Will India's economy achieve an impressive 6.6% growth in FY26 despite external challenges?
Synopsis
Key Takeaways
- India's projected GDP growth: 6.6%
- Importance of domestic conditions
- Risks include geoeconomic fragmentation
- Fiscal consolidation is essential
- Continued reforms will support growth
Washington, Nov 26 (NationPress) In light of external challenges, India's economy is projected to demonstrate a strong growth rate of 6.6% in FY26. This assessment is based on a report released by the IMF on Wednesday, which highlights that favorable domestic conditions will support this growth.
Assuming a sustained 50 percent tariff from the US, the country's real GDP is expected to grow at 6.6 percent for FY2025-26, followed by a slight moderation to 6.2 percent in FY2026-27.

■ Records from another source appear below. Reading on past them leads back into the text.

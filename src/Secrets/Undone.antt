-- ===== src/Secrets/Undone.antt =====
-- The tables after a call of internal/secrets that returns an error.
mod Creating
mod Opening
use flick_drop.Base.{
  ℕ, ◌≡◌, ◌≢◌, refl, String, Bool, true, false, Option, none, some, ◌⊎◌, inl, inr, if◌then◌else◌,
  string_eq, not, arith, List, subst,
}
use flick_drop.Sql.{Faults, Result, ok, err, TxState, transact}
use flick_drop.Sql.Atomic.{UndoneIfErr, transact-Atomic}
use flick_drop.Outbox.{OutboxRecord}
use flick_drop.Secrets.Tables.{Db}
use flick_drop.Secrets.Types.{
  Bytes, Error, invalid_access, failure, Stmt, begin_tx, CreateInput, Store, Library, NewJob,
  Secret,
}
use flick_drop.Secrets.Create.{create, create_checked, normalize}
use flick_drop.Secrets.Validate.{validate_create}
use flick_drop.Secrets.Open.{
  conclude, after_failure, after_open, open_cleanup_tx, open_with, open_and_enqueue_cleanup,
}
use flick_drop.Secrets.Manage.{revoke}
use flick_drop.Secrets.Reaper.{claim_expired}
use flick_drop.Secrets.Undone.Creating.{create_tx-Atomic}
use flick_drop.Secrets.Undone.Opening.{
  open_tx-Quiet, after_open-Atomic, revoke_tx-Atomic, claim_tx-Atomic,
}

module _ (lib : Library) (fails : Faults Stmt) (store : Store) where
  -- A failed opening has committed nothing, or a wrong proof.
  abbrev UndoneOrCounted : {A : Type 0} → Db → Result Error A × TxState Db → Type 0
  UndoneOrCounted d (ok a, t) = Unit {0}
  UndoneOrCounted d (err e, t) = (t.committed ≡ d) ⊎ (e ≡ invalid_access)

  weaken :
      {A : Type 0} (d : Db) (p : Result Error A × TxState Db)
      → UndoneIfErr d p
      → UndoneOrCounted d p
  weaken d (ok a, t) h = tt
  weaken d (err e, t) h = inl h

  after_failure-UndoneOrCounted :
      (e : Error) (s : TxState Db) (d : Db)
      → s.committed ≡ d
      → UndoneOrCounted d (after_failure lib fails store e s)
  after_failure-UndoneOrCounted e s d h = ground (arith, h)

  conclude-UndoneOrCounted :
      (d : Db) (id job_id : String) (job : NewJob) (p : Result Error Secret × TxState Db)
      → p.1.committed ≡ d
      → UndoneOrCounted d (conclude lib fails store id job_id job p.0 p.1)
  conclude-UndoneOrCounted d id job_id job (err e, t) h = after_failure-UndoneOrCounted e t d h
  conclude-UndoneOrCounted d id job_id job (ok s, t) h =
      weaken d (after_open lib fails store id job_id job s t) (
        subst (λ x. UndoneIfErr x (after_open lib fails store id job_id job s t)) h
          ((after_open-Atomic lib fails store id job_id job s).at t))

  transact-UndoneOrCounted :
      {A : Type 0} (b : Bool) (m : Result Error A × TxState Db) (d : Db) (x : Error)
      → UndoneOrCounted d m
      → m.0 ≡ err x
      → x ≢ invalid_access
      → m.1.committed ≡ d
  transact-UndoneOrCounted b (ok a, t) d x h e n = absurd (cc e)
  transact-UndoneOrCounted b (err y, t) d x (inl h) e n = h
  transact-UndoneOrCounted b (err y, t) d x (inr h) e n = absurd (n (cc (h, e)))

  -- An opening that returns an error other than a wrong proof leaves the tables as they were, whichever
  -- statement the driver failed.
  pub open_atomic :
      (id proof : String) (now : ℕ) (object : Option (Bytes × ℕ)) (after : ℕ) (lock job : NewJob)
      (d : Db) (x : Error)
      → (open_and_enqueue_cleanup lib fails store id proof now object after lock job d).0 ≡ err x
      → x ≢ invalid_access
      → (open_and_enqueue_cleanup lib fails store id proof now object after lock job d).1 ≡ d
  unfolding open_and_enqueue_cleanup open_cleanup_tx
  open_atomic id proof now object after lock job d x =
      guarded store.has_outbox job.id (fails begin_tx)
    where
      run : String → TxState Db → Result Error Secret × TxState Db
      run job_id = open_cleanup_tx lib fails store id proof now object after lock job_id job

      begun :
          (b : Bool) (job_id : String)
          → (transact b failure (run job_id) d).0 ≡ err x
          → x ≢ invalid_access
          → (transact b failure (run job_id) d).1 ≡ d
      begun true job_id e n = refl
      begun false job_id e n =
          transact-UndoneOrCounted false (run job_id (record { committed = d; working = d })) d x
            (conclude-UndoneOrCounted d id job_id job _
              ((open_tx-Quiet lib fails store id proof now object after lock).at _))
            e n

      guarded :
          (h : Bool) (o : Option String) (b : Bool)
          → (if not h
              then (err failure, d)
              else open_with lib fails store id proof now object after lock o job d).0
            ≡ err x
          → x ≢ invalid_access
          → (if not h
              then (err failure, d)
              else open_with lib fails store id proof now object after lock o job d).1
            ≡ d
      guarded false o b e n = refl
      guarded true none b e n = refl
      guarded true (some job_id) b e n = begun (fails begin_tx) job_id e n

  -- A Revoke that returns an error leaves the tables as they were, whichever statement the driver failed.
  pub revoke_atomic :
      (id token : String) (now again : ℕ) (job : NewJob) (d : Db) (x : Error)
      → (revoke lib fails store id token now again job d).0 ≡ err x
      → (revoke lib fails store id token now again job d).1 ≡ d
  unfolding revoke
  revoke_atomic id token now again job d x =
      transact-Atomic (fails begin_tx) failure _ d x
        (revoke_tx-Atomic lib fails store id token now again job)

  -- A run of the reaper that returns an error leaves the tables as they were, whichever statement the
  -- driver failed and wherever the deletion of expired requests failed.
  pub claim_expired_atomic :
      (purge : List (String × OutboxRecord) → Result Error (List (String × OutboxRecord)))
      (now batch : ℕ) (jobs : String → NewJob) (d : Db) (x : Error)
      → (claim_expired lib fails store purge now batch jobs d).0 ≡ err x
      → (claim_expired lib fails store purge now batch jobs d).1 ≡ d
  unfolding claim_expired
  claim_expired_atomic purge now batch jobs d x =
      transact-Atomic (fails begin_tx) failure _ d x
        (claim_tx-Atomic lib fails store purge now batch jobs)

  -- A Create that returns an error leaves the tables as they were, whichever statement the driver failed.
  pub create_atomic :
      (i : CreateInput) (id : Option String) (raw : Option Bytes) (now : ℕ) (d : Db) (x : Error)
      → (create lib fails store i id raw now d).0 ≡ err x
      → (create lib fails store i id raw now d).1 ≡ d
  unfolding create
  create_atomic i id raw now d x = checked (validate_create lib store (normalize i)) id
    where
      checked :
          (o : Option Error) (j : Option String)
          → (create_checked lib fails store (normalize i) o j raw now d).0 ≡ err x
          → (create_checked lib fails store (normalize i) o j raw now d).1 ≡ d
      checked (some y) j e = refl
      checked none none e = refl
      checked none (some j) e =
          transact-Atomic (fails begin_tx) failure _ d x
            (create_tx-Atomic fails lib (normalize i) j raw now) e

India has shown impressive economic performance, with a growth rate of 6.5 percent in FY2024-25 and a remarkable 7.8 percent expansion in the first quarter of FY2025/26. Headline inflation has significantly decreased, largely due to stable food prices. The financial and corporate sectors remain robust, buoyed by healthy capital reserves and historically low non-performing assets. Fiscal consolidation has progressed, and the current account deficit has been managed effectively, thanks to strong service exports.

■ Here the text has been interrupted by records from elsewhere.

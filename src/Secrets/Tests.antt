-- ===== src/Secrets/Tests.antt =====
-- Runs of internal/secrets at concrete inputs.
use flick_drop.Secrets.Chosen.{all_live}
use flick_drop.Relay.Code.{is_space}
use flick_drop.Jobs.{is_blank, validate, valid_reason}
use flick_drop.Base.{
  ℕ, ◌≤◌, ◌≡◌, ◌↔◌, refl, String, true, false, none, some, List, [], ◌∷◌, string_eq, find, insert,
  erase, arith,
}
use flick_drop.Sql.{Result, ok, err, Faults, is_ok}
use flick_drop.Secrets.Age.{max_ciphertext_bytes, step_up, plaintext_estimate, max_plaintext_bytes}
use flick_drop.Secrets.Tables.{
  insert_job, set_outcome, insert_payload, insert_secret, insert_management, update_secret,
  sqlite_blob, s3_object, State, Outcome, SecretRow, Db, empty_db,
}
use flick_drop.Secrets.Types.{
  consumed, Bytes, Error, Stmt, commit_tx, invalid_access, failure, CreateInput, KdfParams, Secret,
  Store, Library, NewJob, no_faults, ListError, ObjectPage, ended,
}
use flick_drop.Secrets.Validate.{age_magic}
use flick_drop.Secrets.Load.{load_row, secret_of}
use flick_drop.Secrets.Create.{create}
use flick_drop.Secrets.Open.{open_and_enqueue_cleanup}
use flick_drop.Secrets.Manage.{revoke}
use flick_drop.Secrets.Reaper.{claim_expired}
use flick_drop.Secrets.Reconcile.{after_listing, find_object}
use flick_drop.Secrets.Calls.{Call, creates, opens, run, deliveries, may_create_any}
use flick_drop.Secrets.Sizes.{max_plaintext_bytes-inverse, max_plaintext_bytes-terminates}
use flick_drop.Secrets.Sound.{run-is_sound, is_sound}
use flick_drop.Secrets.Deliveries.{deliveries-le_one}
use flick_drop.Secrets.Revoked.{revoke-final}
use flick_drop.Secrets.Proofs.{wrong_proof-fails}
use flick_drop.Secrets.Lock.{wrong_proof-counts}
use flick_drop.Secrets.After.{after_wrong_proof, after_opening}
use flick_drop.Secrets.Opens.{open-views, cleanup_event}
use flick_drop.Secrets.Roundtrip.{create-open, delivered_by, delivery}
use flick_drop.Secrets.Live.{claim_expired-live}
use flick_drop.Secrets.Protected.{after_listing-protects}
use flick_drop.Secrets.Outcomes.{run-settled, settled_or_gone}
use flick_drop.Secrets.Undone.{open_atomic, revoke_atomic}

abbrev kdf : KdfParams
kdf = record {
  algorithm = "PBKDF2-SHA-256";
  salt = "c2FsdA==";
  iterations = 600000;
  key_length_bits = 256;
}

abbrev token : String
token = "AAAAAAAAAAAAAAAAAAAAAAAAAAAAAAAAAAAAAAAAAAA"

abbrev raw : Bytes
raw =
    0 ∷ 0 ∷ 0 ∷ 0 ∷ 0 ∷ 0 ∷ 0 ∷ 0 ∷ 0 ∷ 0 ∷ 0 ∷ 0 ∷ 0 ∷ 0 ∷ 0 ∷ 0 ∷ 0 ∷ 0 ∷ 0 ∷ 0 ∷ 0 ∷ 0 ∷ 0 ∷ 0
    ∷ 0 ∷ 0 ∷ 0 ∷ 0 ∷ 0 ∷ 0 ∷ 0 ∷ 0 ∷ []

-- Libraries that know one text, one token and one set of parameters.
abbrev lib : Library
lib = record {
  marshal_kdf = λ k. "{}";
  unmarshal_kdf = λ s. some kdf;
  marshal_event = λ e. "event";
  decode_base64 = λ s. some age_magic;
  encode_token = λ b. token;
  decode_token = λ s. some raw;
  sha256 = λ b. b;
}

abbrev store : Store
store = record {
  payload_inline_max_bytes = 1048576;
  max_object_bytes = 268435456;
  presign_ttl = 300;
  pending_ttl = 900;
  min_ttl = 60;
  max_ttl = 604800;
  has_objects = true;
  has_outbox = true;
  subject = "jobs";
}

abbrev input : CreateInput
input = record {
  kind = "text";
  ciphertext = age_magic;
  access_kdf = kdf;
  access_proof_hash = "proof";
  wrapped_identity = some "wrapped";
  encrypted_filename = none;
  content_type = none;
  size_bytes = 22;
  ttl_seconds = 60;
  max_views = 0;
}

abbrev job : NewJob
job = record { id = some "job"; requested_at = 5; enqueued_at = 5 }

-- A secret that is live until 100, with some number of wrong proofs.
abbrev row : ℕ → SecretRow
row failed = record {
  kind = "text";
  storage_backend = sqlite_blob;
  storage_key = "s";
  access_kdf_params_json = some "{}";
  access_proof_hash = some "proof";
  wrapped_identity = some "wrapped";
  encrypted_filename = none;
  content_type = none;
  size_bytes = 22;
  max_views = 1;
  view_count = 0;
  failed_access_count = failed;
  state = State.active;
  expires_at = 100;
  consumed_at = none;
  created_at = 1;
  updated_at = 1;
  reclaim_enqueued_at = none;
}

abbrev tables : ℕ → Db
tables failed = record empty_db {
  secrets = ("s", row failed) ∷ [];
  payloads = ("s", age_magic) ∷ [];
  managements = ("s", record { token_hash = raw; expires_at = 100; outcome = none }) ∷ [];
}

abbrev opens_at : ℕ → String → Faults Stmt × Call
opens_at now proof = (no_faults, opens "s" proof now none now job job)

abbrev history : List (Faults Stmt × Call)
history = opens_at 3 "wrong" ∷ opens_at 4 "proof" ∷ opens_at 5 "proof" ∷ []

-- The driver fails each commit.
abbrev no_commit : Faults Stmt
no_commit commit_tx = true
no_commit _ = false

deliveries_of_history : deliveries lib store "s" history (tables 0) ≡ 1
unfolding deliveries open_and_enqueue_cleanup find update_secret insert validate is_blank is_space
    valid_reason set_outcome empty_db insert_job
deliveries_of_history = refl

deliveries-le_one_example : deliveries lib store "s" history (tables 0) ≤ 1
unfolding may_create_any
deliveries-le_one_example = deliveries-le_one lib store "s" history (tables 0) refl

max_plaintext_bytes-inverse_example :
    (1044336 ≤ max_plaintext_bytes 1048576) ↔ (max_ciphertext_bytes 1044336 ≤ 1048576)
unfolding max_ciphertext_bytes
max_plaintext_bytes-inverse_example = max_plaintext_bytes-inverse 1048576 1044336 (omega arith)

max_plaintext_bytes-terminates_example :
    step_up 40 1048576 (plaintext_estimate 1048576) ≡ max_plaintext_bytes 1048576
unfolding max_ciphertext_bytes
max_plaintext_bytes-terminates_example =
    max_plaintext_bytes-terminates 40 1048576 (omega arith) (omega arith) (omega arith)

-- The row that the creation of the input leaves.
abbrev made_row : SecretRow
made_row = record (row 0) { storage_key = "s"; expires_at = 60000000001 }

run-is_sound_example : is_sound made_row ≡ true
unfolding find run create empty_db insert_secret insert_payload insert_management insert
run-is_sound_example =
    run-is_sound lib store ((no_faults, creates input (some "s") (some raw) 1) ∷ []) "s" made_row
      refl

revoke-final_example :
    deliveries lib store "s" history (revoke lib no_faults store "s" token 2 2 job (tables 0)).1 ≡ 0
unfolding find revoke may_create_any
revoke-final_example =
    revoke-final lib no_faults store "s" token 2 2 job (tables 0)
      (record { id = "s"; status = ended Outcome.cancelled; expires_at = 100; can_cancel = false })
      history refl refl refl

wrong_proof-fails_example :
    is_ok (open_and_enqueue_cleanup lib no_commit store "s" "wrong" 3 none 3 job job (tables 0)).0
    ≡ false
unfolding find
wrong_proof-fails_example =
    wrong_proof-fails lib no_commit store "s" "wrong" 3 none 3 job job (tables 0) (row 0) "proof"
      refl refl refl refl

wrong_proof-counts_example :
    open_and_enqueue_cleanup lib no_faults store "s" "wrong" 3 none 3 job job (tables 4)
    ≡ (err invalid_access, after_wrong_proof "s" 3 (row 4) (tables 4))
unfolding find load_row
wrong_proof-counts_example =
    wrong_proof-counts lib store "s" "wrong" 3 none 3 job job "job" (tables 4) (row 4)
      (secret_of lib "s" (row 4) (some age_magic) (some kdf), none) refl refl refl refl refl refl
      refl refl refl

-- The fifth wrong proof consumes the secret and deletes its body.
after_fifth_wrong_proof :
    (find "s" (after_wrong_proof "s" 3 (row 4) (tables 4)).payloads ≡ none)
    × (find "s" (after_wrong_proof "s" 3 (row 4) (tables 4)).secrets
        ≡ some (record (row 4) { failed_access_count = 5; consumed_at = some 3; updated_at = 3 }))
unfolding find after_wrong_proof erase insert
after_fifth_wrong_proof = (refl, refl)

open-views_example :
    let o = open_and_enqueue_cleanup lib no_faults store "s" "proof" 3 none 3 job job (tables 4) in
    (o ≡ (
      ok (secret_of lib "s" (row 4) (some age_magic) (some kdf)),
      after_opening "s" 3
          (row 4)
          "job"
          store.subject
          (lib.marshal_event (cleanup_event "s" "job" job))
          job.enqueued_at
          (tables 4),
    ))
    × ((open_and_enqueue_cleanup lib no_faults store "s" "proof" 4 none 4 job job o.1).0
        ≡ err consumed)
unfolding is_blank is_space find empty_db load_row
open-views_example =
    open-views lib store "s" "proof" 3 none 3 job job "job" (tables 4) (row 4)
      (secret_of lib "s" (row 4) (some age_magic) (some kdf), none) "proof" 4 none 4 job job "job"
      refl refl refl refl refl refl refl refl refl refl refl refl refl

abbrev created : Result Error Secret × Db
created = create lib no_faults store input (some "s") (some raw) 1 empty_db

abbrev made_secret : Secret
made_secret = record {
  management_token = token;
  id = "s";
  kind = "text";
  storage_backend = sqlite_blob;
  storage_key = "s";
  ciphertext = age_magic;
  body = none;
  access_kdf = some kdf;
  wrapped_identity = some "wrapped";
  encrypted_filename = none;
  content_type = none;
  size_bytes = 22;
  expires_at = 60000000001;
  access_proof_hash = "";
}

create-open_example :
    delivered_by
      (open_and_enqueue_cleanup lib no_faults store "s" "proof" 3 none 3 job job created.1).0
    ≡ ok (delivery made_secret)
unfolding create find empty_db insert_secret insert_payload is_blank is_space insert_management
create-open_example =
    create-open lib store no_faults input "s" (some raw) 1 3 none 3 job job "job" empty_db
      made_secret refl refl refl refl refl refl refl refl refl

claim_expired-live_example :
    let e = (claim_expired lib no_faults store (λ o. ok o) 50 10 (λ i. job) (tables 0)).1 in
    (find "s" e.secrets ≡ some (row 0)) × (find "s" e.payloads ≡ find "s" (tables 0).payloads)
unfolding find all_live
claim_expired-live_example =
    claim_expired-live lib no_faults store (λ o. ok o) 50 10 (λ i. job) (tables 0) "s" (row 0) refl
      refl refl

-- An object that an upload has completed.
abbrev large : SecretRow
large = record (row 0) {
  kind = "file";
  storage_backend = s3_object;
  storage_key = "managed/secrets/s";
}

abbrev large_tables : Db
large_tables = record (tables 0) { secrets = ("s", large) ∷ []; payloads = [] }

abbrev page : Result ListError ObjectPage
page = ok (record { keys = "managed/secrets/s" ∷ "managed/secrets/t" ∷ []; next_cursor = "" })

after_listing-protects_example :
    let e = (after_listing lib no_faults store page 10 "" 0 50 (λ k. job) large_tables).1 in
    (e.secrets ≡ large_tables.secrets)
    × (find "managed/secrets/s" e.pending ≡ find "managed/secrets/s" large_tables.pending)
unfolding find_object
after_listing-protects_example =
    after_listing-protects lib no_faults store page 10 "" 0 50 (λ k. job) large_tables
      "managed/secrets/s" large refl refl

abbrev locked_tables : Db
locked_tables = record (tables 0) {
  managements =
      ("s", record { token_hash = raw; expires_at = 100; outcome = some Outcome.locked }) ∷ [];
}

run-settled_example :
    settled_or_gone Outcome.locked (find "s" (run lib store history locked_tables).managements)
    ≡ true
unfolding may_create_any find
run-settled_example = run-settled lib store "s" Outcome.locked history locked_tables refl refl

open_atomic_example :
    (open_and_enqueue_cleanup lib no_commit store "s" "proof" 3 none 3 job job (tables 0)).1
    ≡ tables 0
unfolding open_and_enqueue_cleanup find validate is_blank is_space valid_reason set_outcome
    update_secret empty_db
open_atomic_example =
    open_atomic lib no_commit store "s" "proof" 3 none 3 job job (tables 0) failure refl (λ e. cc e)

revoke_atomic_example : (revoke lib no_commit store "s" token 2 2 job (tables 0)).1 ≡ tables 0
unfolding revoke find
revoke_atomic_example = revoke_atomic lib no_commit store "s" token 2 2 job (tables 0) failure refl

The report emphasizes that reforms in the goods and services tax (GST) and the consequent reduction in effective rates are expected to mitigate the negative effects of tariffs. Headline inflation is anticipated to stay manageable, attributed to the one-off impacts of the GST reform and continued favorable food prices. Looking forward, India's ambition to evolve into an advanced economy can be realized through comprehensive structural reforms that facilitate higher growth potential.
However, there are notable short-term risks to the economic outlook. On a positive note, new trade agreements and accelerated implementation of structural reforms could enhance exports, private investments, and job creation. Conversely, escalating geoeconomic fragmentation risks tighter financial conditions, increased input costs, and a downturn in trade, foreign direct investment, and economic growth. Unpredictable weather events could adversely affect agricultural yields, reduce rural consumption, and trigger inflationary pressures.
The IMF Executive Directors commended India's robust economic performance and resilience, attributing it to prudent macroeconomic policies and reforms. Given the prevailing uncertainties, they urged the continuation of sound policies and emphasized that rapid execution of structural reforms is vital for maintaining stability and supporting India's goal of becoming an advanced economy.
The IMF aligns with the government's fiscal consolidation plans for the year, noting that achieving the fiscal deficit target will necessitate disciplined spending. While they appreciated the recent simplification of the GST, they stressed the importance of closely monitoring its fiscal impact.
Additionally, the IMF endorsed the RBI’s data-driven approach to monetary policy, suggesting that if tariffs remain at current levels, there may be room for further monetary easing in light of manageable inflation dynamics. They broadly recommend ongoing efforts to improve monetary transmission and enhance exchange rate flexibility to better equip the Indian economy to handle external shocks, with interventions to address market volatility in line with the Integrated Policy Framework.